__Exercise directions__.
Down to the last line, print the material below verbatim.

◇ ◇ ◇ ◇ ◇ ◇ ◇

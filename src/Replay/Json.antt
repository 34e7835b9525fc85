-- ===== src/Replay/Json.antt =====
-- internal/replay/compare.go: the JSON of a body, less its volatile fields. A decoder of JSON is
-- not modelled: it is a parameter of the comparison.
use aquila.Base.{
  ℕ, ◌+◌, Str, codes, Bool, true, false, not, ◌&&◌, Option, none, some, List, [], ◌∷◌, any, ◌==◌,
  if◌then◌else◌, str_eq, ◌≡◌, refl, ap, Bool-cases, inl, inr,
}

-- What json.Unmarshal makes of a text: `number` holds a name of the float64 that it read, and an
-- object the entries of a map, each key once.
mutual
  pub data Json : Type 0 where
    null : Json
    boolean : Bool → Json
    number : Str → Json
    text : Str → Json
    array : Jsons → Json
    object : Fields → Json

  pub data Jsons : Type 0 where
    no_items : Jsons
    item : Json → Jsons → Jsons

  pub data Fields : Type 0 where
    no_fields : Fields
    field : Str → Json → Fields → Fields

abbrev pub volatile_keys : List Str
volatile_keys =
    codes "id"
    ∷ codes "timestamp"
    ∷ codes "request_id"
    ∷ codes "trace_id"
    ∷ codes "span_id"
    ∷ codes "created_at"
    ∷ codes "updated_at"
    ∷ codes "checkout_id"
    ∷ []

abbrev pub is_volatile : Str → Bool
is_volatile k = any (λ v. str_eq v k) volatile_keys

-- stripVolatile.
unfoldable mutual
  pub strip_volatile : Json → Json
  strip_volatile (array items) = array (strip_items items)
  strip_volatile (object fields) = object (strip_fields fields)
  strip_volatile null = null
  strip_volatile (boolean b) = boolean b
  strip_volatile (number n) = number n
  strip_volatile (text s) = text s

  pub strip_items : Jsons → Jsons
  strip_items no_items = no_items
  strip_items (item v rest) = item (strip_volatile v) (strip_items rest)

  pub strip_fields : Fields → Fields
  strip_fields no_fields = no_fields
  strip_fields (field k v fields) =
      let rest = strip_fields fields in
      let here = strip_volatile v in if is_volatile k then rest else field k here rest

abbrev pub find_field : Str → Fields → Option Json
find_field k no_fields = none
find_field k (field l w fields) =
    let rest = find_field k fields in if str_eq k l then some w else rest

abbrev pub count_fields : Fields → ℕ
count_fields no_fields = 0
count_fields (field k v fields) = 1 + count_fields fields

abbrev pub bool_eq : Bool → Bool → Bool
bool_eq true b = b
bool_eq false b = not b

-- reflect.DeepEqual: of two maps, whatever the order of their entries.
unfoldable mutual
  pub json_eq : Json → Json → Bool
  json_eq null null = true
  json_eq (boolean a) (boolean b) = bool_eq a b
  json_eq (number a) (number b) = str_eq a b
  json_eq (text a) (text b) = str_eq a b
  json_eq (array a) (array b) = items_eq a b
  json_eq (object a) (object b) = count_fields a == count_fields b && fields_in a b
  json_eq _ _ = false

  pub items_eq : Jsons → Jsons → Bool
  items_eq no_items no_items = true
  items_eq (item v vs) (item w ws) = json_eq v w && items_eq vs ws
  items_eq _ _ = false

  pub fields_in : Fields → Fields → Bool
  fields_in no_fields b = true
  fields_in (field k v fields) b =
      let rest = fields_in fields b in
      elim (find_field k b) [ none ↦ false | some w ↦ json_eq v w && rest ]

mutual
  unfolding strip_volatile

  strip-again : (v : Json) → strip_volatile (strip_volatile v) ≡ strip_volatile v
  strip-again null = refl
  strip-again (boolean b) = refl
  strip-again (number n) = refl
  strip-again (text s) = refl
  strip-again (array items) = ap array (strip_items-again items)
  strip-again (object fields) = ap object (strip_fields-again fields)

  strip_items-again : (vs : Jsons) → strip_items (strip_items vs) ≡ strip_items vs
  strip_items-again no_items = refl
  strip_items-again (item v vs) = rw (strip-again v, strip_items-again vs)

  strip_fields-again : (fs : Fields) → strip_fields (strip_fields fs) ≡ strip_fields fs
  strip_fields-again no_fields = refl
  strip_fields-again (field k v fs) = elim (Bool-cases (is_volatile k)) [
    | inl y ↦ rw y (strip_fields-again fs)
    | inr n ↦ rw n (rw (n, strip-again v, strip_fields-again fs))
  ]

◇ ◇ ◇ ◇ ◇ ◇ ◇

__Output of the exercise__.
filename src/Replay/Json.antt
repository 34e7835b9525fc85
-- ===== src/Replay/Json.antt =====
-- internal/replay/compare.go: the JSON of a body, less its volatile fields. A decoder of JSON is
-- not modelled: it is a parameter of the comparison.
use aquila.Base.{
  ℕ, ◌+◌, Str, codes, Bool, true, false, not, ◌&&◌, Option, none, some, List, [], ◌∷◌, any, ◌==◌,
  if◌then◌else◌, str_eq, ◌≡◌, refl, ap, Bool-cases, inl, inr,
}

-- What json.Unmarshal makes of a text: `number` holds a name of the float64 that it read, and an
-- object the entries of a map, each key once.
mutual
  pub data Json : Type 0 where
    null : Json
    boolean : Bool → Json
    number : Str → Json
    text : Str → Json
    array : Jsons → Json
    object : Fields → Json

  pub data Jsons : Type 0 where
    no_items : Jsons
    item : Json → Jsons → Jsons

  pub data Fields : Type 0 where
    no_fields : Fields
    field : Str → Json → Fields → Fields

abbrev pub volatile_keys : List Str
volatile_keys =
    codes "id"
    ∷ codes "timestamp"
    ∷ codes "request_id"
    ∷ codes "trace_id"
    ∷ codes "span_id"
    ∷ codes "created_at"
    ∷ codes "updated_at"
    ∷ codes "checkout_id"
    ∷ []

abbrev pub is_volatile : Str → Bool
is_volatile k = any (λ v. str_eq v k) volatile_keys

-- stripVolatile.
unfoldable mutual
  pub strip_volatile : Json → Json
  strip_volatile (array items) = array (strip_items items)
  strip_volatile (object fields) = object (strip_fields fields)
  strip_volatile null = null
  strip_volatile (boolean b) = boolean b
  strip_volatile (number n) = number n
  strip_volatile (text s) = text s

  pub strip_items : Jsons → Jsons
  strip_items no_items = no_items
  strip_items (item v rest) = item (strip_volatile v) (strip_items rest)

  pub strip_fields : Fields → Fields
  strip_fields no_fields = no_fields
  strip_fields (field k v fields) =
      let rest = strip_fields fields in
      let here = strip_volatile v in if is_volatile k then rest else field k here rest

abbrev pub find_field : Str → Fields → Option Json
find_field k no_fields = none
find_field k (field l w fields) =
    let rest = find_field k fields in if str_eq k l then some w else rest

abbrev pub count_fields : Fields → ℕ
count_fields no_fields = 0
count_fields (field k v fields) = 1 + count_fields fields

abbrev pub bool_eq : Bool → Bool → Bool
bool_eq true b = b
bool_eq false b = not b

-- reflect.DeepEqual: of two maps, whatever the order of their entries.
unfoldable mutual
  pub json_eq : Json → Json → Bool
  json_eq null null = true
  json_eq (boolean a) (boolean b) = bool_eq a b
  json_eq (number a) (number b) = str_eq a b
  json_eq (text a) (text b) = str_eq a b
  json_eq (array a) (array b) = items_eq a b
  json_eq (object a) (object b) = count_fields a == count_fields b && fields_in a b
  json_eq _ _ = false

  pub items_eq : Jsons → Jsons → Bool
  items_eq no_items no_items = true
  items_eq (item v vs) (item w ws) = json_eq v w && items_eq vs ws
  items_eq _ _ = false

  pub fields_in : Fields → Fields → Bool
  fields_in no_fields b = true
  fields_in (field k v fields) b =
      let rest = fields_in fields b in
      elim (find_field k b) [ none ↦ false | some w ↦ json_eq v w && rest ]

mutual
  unfolding strip_volatile

  strip-again : (v : Json) → strip_volatile (strip_volatile v) ≡ strip_volatile v
  strip-again null = refl
  strip-again (boolean b) = refl
  strip-again (number n) = refl
  strip-again (text s) = refl
  strip-again (array items) = ap array (strip_items-again items)
  strip-again (object fields) = ap object (strip_fields-again fields)

  strip_items-again : (vs : Jsons) → strip_items (strip_items vs) ≡ strip_items vs
  strip_items-again no_items = refl
  strip_items-again (item v vs) = rw (strip-again v, strip_items-again vs)

  strip_fields-again : (fs : Fields) → strip_fields (strip_fields fs) ≡ strip_fields fs
  strip_fields-again no_fields = refl
  strip_fields-again (field k v fs) = elim (Bool-cases (is_volatile k)) [
    | inl y ↦ rw y (strip_fields-again fs)
    | inr n ↦ rw n (rw (n, strip-again v, strip_fields-again fs))
  ]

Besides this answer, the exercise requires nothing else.